Task instructions:
Would you repeat, exactly as given, the line with "-- asks nobody and changes nothing." and every line after it to the end of the entries?

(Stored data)
========================

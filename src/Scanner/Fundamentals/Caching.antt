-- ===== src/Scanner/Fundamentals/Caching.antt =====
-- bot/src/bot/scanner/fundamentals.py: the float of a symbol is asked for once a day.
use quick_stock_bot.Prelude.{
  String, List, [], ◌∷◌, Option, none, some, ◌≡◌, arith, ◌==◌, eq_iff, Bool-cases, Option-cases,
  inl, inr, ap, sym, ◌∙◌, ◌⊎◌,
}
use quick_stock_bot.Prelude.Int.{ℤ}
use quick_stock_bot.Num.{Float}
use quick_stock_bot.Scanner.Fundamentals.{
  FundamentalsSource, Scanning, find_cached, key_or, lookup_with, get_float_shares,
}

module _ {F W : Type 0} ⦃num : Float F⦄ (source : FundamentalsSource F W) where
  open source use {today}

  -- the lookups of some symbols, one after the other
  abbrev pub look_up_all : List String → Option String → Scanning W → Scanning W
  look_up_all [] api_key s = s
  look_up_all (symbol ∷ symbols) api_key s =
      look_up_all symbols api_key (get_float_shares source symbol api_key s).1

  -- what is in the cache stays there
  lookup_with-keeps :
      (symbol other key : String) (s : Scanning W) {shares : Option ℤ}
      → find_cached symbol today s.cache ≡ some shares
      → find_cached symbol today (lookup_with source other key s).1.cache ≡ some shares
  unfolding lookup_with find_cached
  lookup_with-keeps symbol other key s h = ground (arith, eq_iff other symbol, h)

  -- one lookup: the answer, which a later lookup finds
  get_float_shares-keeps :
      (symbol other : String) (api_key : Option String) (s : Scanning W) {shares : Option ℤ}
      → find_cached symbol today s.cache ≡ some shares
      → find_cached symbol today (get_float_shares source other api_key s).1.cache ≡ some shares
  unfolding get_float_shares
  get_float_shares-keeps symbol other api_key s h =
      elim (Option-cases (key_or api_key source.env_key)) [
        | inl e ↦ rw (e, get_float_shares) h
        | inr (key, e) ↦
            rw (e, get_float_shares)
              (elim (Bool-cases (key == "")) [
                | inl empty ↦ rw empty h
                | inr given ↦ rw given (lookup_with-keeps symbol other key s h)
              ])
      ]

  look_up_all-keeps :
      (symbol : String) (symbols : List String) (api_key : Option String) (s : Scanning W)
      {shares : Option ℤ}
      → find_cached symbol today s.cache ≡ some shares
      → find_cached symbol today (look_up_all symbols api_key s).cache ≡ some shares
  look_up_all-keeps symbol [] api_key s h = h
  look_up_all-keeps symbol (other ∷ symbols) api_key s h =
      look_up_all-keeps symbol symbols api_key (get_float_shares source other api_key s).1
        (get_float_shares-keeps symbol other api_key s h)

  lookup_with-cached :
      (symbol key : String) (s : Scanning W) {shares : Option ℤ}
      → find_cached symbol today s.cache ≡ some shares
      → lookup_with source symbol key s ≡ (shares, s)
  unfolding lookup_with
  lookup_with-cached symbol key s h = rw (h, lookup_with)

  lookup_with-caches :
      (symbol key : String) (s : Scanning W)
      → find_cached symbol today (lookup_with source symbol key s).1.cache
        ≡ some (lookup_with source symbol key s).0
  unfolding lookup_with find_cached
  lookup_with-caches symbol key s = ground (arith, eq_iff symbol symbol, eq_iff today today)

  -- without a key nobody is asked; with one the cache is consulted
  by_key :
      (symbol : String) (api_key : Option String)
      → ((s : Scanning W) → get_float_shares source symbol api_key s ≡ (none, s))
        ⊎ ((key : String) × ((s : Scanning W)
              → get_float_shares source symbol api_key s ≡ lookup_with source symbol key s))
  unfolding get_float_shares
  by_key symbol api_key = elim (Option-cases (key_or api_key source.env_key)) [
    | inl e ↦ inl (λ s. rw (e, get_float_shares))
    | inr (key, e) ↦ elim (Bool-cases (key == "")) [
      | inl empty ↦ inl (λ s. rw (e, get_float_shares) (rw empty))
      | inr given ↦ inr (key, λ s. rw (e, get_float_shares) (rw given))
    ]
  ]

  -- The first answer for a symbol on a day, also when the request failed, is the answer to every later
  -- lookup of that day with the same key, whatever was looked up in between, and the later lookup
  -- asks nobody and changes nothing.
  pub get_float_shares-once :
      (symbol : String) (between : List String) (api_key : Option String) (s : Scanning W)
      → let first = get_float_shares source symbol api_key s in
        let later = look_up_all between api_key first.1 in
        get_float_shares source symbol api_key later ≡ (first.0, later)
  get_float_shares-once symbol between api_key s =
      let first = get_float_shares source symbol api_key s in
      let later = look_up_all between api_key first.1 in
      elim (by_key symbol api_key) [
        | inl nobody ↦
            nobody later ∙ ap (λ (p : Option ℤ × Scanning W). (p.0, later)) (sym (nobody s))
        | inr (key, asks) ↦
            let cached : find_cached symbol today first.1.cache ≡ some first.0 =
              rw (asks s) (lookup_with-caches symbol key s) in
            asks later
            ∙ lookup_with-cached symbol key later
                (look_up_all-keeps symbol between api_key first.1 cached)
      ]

========================

Output for this exercise:
  -- asks nobody and changes nothing.
  pub get_float_shares-once :
      (symbol : String) (between : List String) (api_key : Option String) (s : Scanning W)
      → let first = get_float_shares source symbol api_key s in
        let later = look_up_all between api_key first.1 in
        get_float_shares source symbol api_key later ≡ (first.0, later)
  get_float_shares-once symbol between api_key s =
      let first = get_float_shares source symbol api_key s in
      let later = look_up_all between api_key first.1 in
      elim (by_key symbol api_key) [
        | inl nobody ↦
            nobody later ∙ ap (λ (p : Option ℤ × Scanning W). (p.0, later)) (sym (nobody s))
        | inr (key, asks) ↦
            let cached : find_cached symbol today first.1.cache ≡ some first.0 =
              rw (asks s) (lookup_with-caches symbol key s) in
            asks later
            ∙ lookup_with-cached symbol key later
                (look_up_all-keeps symbol between api_key first.1 cached)
      ]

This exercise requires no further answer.